Eine Umfrage des Palestinian Center for Policy and Survey Research aus dem Jahr 2020 ergab, dass 25 % der palästinensischen Christen religiös motivierte Gewalt erlebt hatten und sich unter Muslimen unwillkommen fühlten. Zudem berichteten 25 % von Diskriminierung bei Vorstellungsgesprächen, 30 % begegneten religiös begründetem Hass, und ein Viertel gab an, dass Muslime sie zum Übertritt zum Islam gedrängt hätten.
Kristof hebt in seinem Artikel eine christliche Gruppe in Bethlehem hervor – Tent of Nations –, die sich der Gewaltlosigkeit verschrieben hat. Er fragt jedoch nicht, warum diese Christen friedliche Wege wählen, während andere Palästinenser unter ähnlichem Druck zum Terror greifen. Er fragt auch nicht, ob diese Christen das Hamas-Massaker vom 7. Oktober 2023 mit 1.200 Toten verurteilten, gegen Hetze protestierten oder Israel als jüdischen Staat anerkennen. Lernen ihre Kinder aus denselben Schulbüchern der PA, die antisemitische Inhalte enthalten und Israel auf Landkarten durch Palästina ersetzen?

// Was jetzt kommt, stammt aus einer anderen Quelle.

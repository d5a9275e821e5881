-- ===== src/Api/Throttle.antt =====
-- Guessing passwords: what a locked account's requests for a token get.
use agentreg.Base.{ℕ, ◌≤◌, leb, true, List, some, ok, ◌≡◌, refl, ◌∙◌, arith, bytes}
use agentreg.Store.{Time}
use agentreg.World.{World, ◌>>=◌, pure, time_now}
use agentreg.Auth.Lockout.{new_login_lockout, locked}
use agentreg.Auth.Lockout.History.{Event, run, IsTimed, count, locked-count}
use agentreg.Registry.{Registry}
use agentreg.Api.Accounts.{TokenRequest, respond, message, past_lockout, handle_create_token}

-- After any calls of the lockout whose readings of the clock do not go back, when the request's clock
-- reads `asked` and the username has had `max_failures` or more failures within the window before it,
-- since its last reset, the response to a request for a token is 429 whatever the password, and
-- nothing has happened but that reading of the clock.
pub handle_create_token-locked :
    (reg : Registry) (max_failures window : ℕ) (es : List Event) (start asked : Time)
    (req : TokenRequest) (w : World)
    → IsTimed start es asked
    → (time_now w).0 ≡ ok asked
    → max_failures ≤ count window es req.username asked
    → ((handle_create_token reg (run (new_login_lockout max_failures window) es) (some req) w).0
        ≡ ok (
          respond 429
              (message (bytes "too many failed login attempts for this account, try again later")),
          (locked (run (new_login_lockout max_failures window) es) req.username asked).0,
        ))
      × ((handle_create_token reg (run (new_login_lockout max_failures window) es) (some req) w).1
          ≡ (time_now w).1)
unfolding handle_create_token past_lockout pure ◌>>=◌
handle_create_token-locked reg max_failures window es start asked req w t e h =
    let l = new_login_lockout max_failures window in
    let k : leb max_failures (count window es req.username asked) ≡ true = ground arith in
    let is_locked = locked-count max_failures window es start asked req.username t ∙ k in
    rw (e, is_locked) (refl, refl)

Die Aussagen der von Kristof befragten Personen lassen sich womöglich durch deren Überlebenswillen in einem feindlich gesinnten muslimischen Umfeld erklären. Wie Adam Garfinkle anmerkte: „Weil arabische Christen in der islamischen Mehrheitsgesellschaft marginalisiert sind, geben sie sich oft betont arabisch – mehr als die Araber selbst – und das bedeutet manchmal, dass sie beim antiwestlichen und antiisraelischen Aktivismus vorangehen.“
Kristof verkörpert das, was Cohen als das „dröhnende Schweigen der westlichen (und israelischen) Medien angesichts des schleichenden Verschwindens der christlichen Minderheiten aus der PA und islamischen Ländern insgesamt“ beschreibt – ein Schweigen, das im starken Kontrast zur wachsenden, prosperierenden und zunehmend integrierten christlichen Gemeinschaft im eigentlichen Israel steht.
Wenn Kristof wirklich um das Schicksal der Christen im Nahen Osten besorgt wäre, warum berichtet er dann nicht aus Saudi-Arabien, wo das Christentum verboten ist? Warum schreibt er nicht über den Libanon, Ägypten oder Iran, wo Christen seit Jahrzehnten verfolgt werden? Sollten amerikanische Christen nicht empörter über das Schicksal ihrer Glaubensgeschwister in diesen Ländern sein?
Stattdessen konzentriert er sich ausschließlich auf Israel – das einzige Land in der Region, in dem das Christentum blüht. Genau diese doppelte Moral und Dämonisierung Israels ist typisch für Antisemiten.